*** Opening of Task data ***
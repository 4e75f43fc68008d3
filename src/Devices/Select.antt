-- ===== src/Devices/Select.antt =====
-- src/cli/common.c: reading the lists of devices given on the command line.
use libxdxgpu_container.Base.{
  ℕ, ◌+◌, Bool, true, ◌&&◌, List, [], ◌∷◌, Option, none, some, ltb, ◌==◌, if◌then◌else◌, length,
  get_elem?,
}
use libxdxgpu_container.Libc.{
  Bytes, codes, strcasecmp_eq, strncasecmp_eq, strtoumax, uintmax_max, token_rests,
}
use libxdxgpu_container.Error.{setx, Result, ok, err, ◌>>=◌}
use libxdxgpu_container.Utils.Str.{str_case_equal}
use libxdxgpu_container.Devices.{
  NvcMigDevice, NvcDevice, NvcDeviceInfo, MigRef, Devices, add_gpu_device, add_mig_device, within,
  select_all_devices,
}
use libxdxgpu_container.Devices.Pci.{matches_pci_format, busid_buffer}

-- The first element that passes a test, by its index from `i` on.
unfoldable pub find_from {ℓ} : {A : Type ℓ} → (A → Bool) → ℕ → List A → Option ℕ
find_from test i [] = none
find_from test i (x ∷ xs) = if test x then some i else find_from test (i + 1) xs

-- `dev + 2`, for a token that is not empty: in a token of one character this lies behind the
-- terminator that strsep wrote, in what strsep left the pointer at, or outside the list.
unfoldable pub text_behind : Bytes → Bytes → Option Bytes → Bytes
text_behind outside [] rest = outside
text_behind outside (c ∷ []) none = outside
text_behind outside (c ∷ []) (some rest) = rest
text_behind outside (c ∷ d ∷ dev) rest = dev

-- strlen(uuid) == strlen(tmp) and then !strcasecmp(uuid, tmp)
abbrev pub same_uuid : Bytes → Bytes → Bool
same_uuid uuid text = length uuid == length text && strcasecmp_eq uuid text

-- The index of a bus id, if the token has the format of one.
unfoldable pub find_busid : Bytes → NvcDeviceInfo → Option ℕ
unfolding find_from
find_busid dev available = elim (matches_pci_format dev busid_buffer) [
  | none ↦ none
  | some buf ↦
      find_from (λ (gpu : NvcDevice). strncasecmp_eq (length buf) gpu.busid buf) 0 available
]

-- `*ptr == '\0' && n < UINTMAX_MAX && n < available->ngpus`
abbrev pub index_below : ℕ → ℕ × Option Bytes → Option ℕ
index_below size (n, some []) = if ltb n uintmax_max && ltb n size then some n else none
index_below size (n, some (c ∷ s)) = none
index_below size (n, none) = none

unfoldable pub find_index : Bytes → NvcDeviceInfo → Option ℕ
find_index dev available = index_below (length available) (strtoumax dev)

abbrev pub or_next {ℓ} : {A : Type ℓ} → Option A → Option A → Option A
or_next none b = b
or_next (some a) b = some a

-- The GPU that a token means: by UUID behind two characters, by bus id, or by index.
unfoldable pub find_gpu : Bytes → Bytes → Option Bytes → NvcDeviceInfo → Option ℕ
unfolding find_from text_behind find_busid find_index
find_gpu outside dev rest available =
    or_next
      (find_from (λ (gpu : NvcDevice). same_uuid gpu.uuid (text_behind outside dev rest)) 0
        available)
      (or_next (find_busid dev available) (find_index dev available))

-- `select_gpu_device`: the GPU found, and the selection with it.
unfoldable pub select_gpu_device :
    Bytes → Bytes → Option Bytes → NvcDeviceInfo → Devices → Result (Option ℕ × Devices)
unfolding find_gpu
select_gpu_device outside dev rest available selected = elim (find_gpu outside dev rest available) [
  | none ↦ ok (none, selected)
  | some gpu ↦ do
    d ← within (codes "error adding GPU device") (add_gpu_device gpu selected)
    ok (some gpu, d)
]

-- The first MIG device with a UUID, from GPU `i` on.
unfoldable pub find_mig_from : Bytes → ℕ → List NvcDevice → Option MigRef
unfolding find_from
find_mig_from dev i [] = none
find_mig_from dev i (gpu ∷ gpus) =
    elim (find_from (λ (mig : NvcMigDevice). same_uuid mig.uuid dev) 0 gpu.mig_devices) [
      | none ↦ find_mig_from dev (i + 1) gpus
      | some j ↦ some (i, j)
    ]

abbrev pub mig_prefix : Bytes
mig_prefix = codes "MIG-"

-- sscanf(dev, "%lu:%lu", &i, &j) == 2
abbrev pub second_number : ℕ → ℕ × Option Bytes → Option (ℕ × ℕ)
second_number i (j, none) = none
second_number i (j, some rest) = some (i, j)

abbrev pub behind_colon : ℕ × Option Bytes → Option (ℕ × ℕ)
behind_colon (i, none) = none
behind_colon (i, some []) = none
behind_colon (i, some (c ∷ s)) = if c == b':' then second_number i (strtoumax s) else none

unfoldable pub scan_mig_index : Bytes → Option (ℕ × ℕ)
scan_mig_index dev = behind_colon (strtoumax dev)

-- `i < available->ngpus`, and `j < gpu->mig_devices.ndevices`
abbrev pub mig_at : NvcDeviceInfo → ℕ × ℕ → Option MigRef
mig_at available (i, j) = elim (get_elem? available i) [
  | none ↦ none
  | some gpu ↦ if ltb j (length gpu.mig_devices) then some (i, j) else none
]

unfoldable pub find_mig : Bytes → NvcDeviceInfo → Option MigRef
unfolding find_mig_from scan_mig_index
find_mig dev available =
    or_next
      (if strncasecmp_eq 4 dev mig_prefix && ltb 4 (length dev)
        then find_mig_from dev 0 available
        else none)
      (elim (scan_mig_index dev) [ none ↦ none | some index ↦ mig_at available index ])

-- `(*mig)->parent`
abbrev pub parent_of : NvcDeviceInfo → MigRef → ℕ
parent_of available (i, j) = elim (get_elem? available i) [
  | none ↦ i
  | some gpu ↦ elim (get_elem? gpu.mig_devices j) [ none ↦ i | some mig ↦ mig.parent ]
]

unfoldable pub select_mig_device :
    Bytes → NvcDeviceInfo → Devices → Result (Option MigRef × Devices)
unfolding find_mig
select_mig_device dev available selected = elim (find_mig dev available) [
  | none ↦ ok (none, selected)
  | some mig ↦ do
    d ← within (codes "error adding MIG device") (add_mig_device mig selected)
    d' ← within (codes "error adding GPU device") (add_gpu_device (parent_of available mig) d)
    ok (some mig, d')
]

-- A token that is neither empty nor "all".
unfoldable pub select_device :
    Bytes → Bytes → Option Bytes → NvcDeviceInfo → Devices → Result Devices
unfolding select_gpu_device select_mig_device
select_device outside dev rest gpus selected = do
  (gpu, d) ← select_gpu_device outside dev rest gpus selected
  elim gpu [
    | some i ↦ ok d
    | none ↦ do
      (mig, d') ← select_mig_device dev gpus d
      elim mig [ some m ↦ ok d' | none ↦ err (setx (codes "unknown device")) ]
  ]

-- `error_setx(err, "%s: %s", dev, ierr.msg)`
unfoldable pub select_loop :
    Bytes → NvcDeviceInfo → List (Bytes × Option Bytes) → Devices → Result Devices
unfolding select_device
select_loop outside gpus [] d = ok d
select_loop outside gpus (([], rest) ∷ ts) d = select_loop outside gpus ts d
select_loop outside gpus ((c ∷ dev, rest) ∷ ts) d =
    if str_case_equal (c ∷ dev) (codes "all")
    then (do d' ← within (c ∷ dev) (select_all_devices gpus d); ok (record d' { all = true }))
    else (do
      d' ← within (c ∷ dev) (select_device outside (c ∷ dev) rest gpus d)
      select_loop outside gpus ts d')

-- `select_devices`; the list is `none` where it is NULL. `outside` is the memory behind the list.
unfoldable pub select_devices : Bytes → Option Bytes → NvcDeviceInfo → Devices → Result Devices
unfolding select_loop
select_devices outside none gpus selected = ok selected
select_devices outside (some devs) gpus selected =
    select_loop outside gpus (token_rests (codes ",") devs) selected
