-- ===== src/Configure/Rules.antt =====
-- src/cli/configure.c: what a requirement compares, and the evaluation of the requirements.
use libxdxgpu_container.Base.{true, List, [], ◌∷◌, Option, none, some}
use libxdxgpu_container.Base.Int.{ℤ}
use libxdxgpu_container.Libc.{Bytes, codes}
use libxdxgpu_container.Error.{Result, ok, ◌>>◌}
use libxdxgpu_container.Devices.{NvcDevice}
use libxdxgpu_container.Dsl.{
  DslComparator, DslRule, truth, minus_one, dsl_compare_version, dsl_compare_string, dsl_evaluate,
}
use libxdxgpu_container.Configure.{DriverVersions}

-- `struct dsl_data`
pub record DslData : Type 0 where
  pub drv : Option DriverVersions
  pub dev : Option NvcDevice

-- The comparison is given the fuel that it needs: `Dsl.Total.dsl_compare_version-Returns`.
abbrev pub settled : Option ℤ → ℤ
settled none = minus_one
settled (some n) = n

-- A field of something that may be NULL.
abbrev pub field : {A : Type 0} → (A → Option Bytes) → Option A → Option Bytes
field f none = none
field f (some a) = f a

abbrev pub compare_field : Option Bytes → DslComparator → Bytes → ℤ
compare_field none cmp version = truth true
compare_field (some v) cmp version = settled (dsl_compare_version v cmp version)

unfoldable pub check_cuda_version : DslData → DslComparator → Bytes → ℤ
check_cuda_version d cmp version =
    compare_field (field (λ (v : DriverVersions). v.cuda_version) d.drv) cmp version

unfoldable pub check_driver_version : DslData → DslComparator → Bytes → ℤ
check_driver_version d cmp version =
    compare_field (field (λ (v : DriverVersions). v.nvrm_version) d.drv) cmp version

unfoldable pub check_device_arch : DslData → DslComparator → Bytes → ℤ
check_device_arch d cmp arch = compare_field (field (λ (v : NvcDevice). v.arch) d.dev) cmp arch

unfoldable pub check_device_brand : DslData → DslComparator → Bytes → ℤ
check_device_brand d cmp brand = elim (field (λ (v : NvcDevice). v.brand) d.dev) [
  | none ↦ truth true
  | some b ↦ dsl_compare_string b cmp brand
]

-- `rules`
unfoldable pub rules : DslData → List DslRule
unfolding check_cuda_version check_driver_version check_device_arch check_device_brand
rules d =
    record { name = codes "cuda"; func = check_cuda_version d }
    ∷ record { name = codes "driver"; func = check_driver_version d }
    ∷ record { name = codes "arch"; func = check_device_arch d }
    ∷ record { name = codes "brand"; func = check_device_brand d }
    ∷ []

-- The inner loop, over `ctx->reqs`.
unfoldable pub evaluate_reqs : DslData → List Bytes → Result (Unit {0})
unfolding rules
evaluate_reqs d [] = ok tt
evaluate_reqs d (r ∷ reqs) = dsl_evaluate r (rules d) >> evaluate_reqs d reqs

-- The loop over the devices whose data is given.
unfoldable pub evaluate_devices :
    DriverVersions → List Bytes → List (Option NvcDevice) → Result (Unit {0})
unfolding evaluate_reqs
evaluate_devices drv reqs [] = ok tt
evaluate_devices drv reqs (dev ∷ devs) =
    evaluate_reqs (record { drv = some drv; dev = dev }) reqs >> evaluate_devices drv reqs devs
*** Close of Task data ***
Task instructions: State the number of lines above that hold the string "over", with nothing added.

Written solution: 2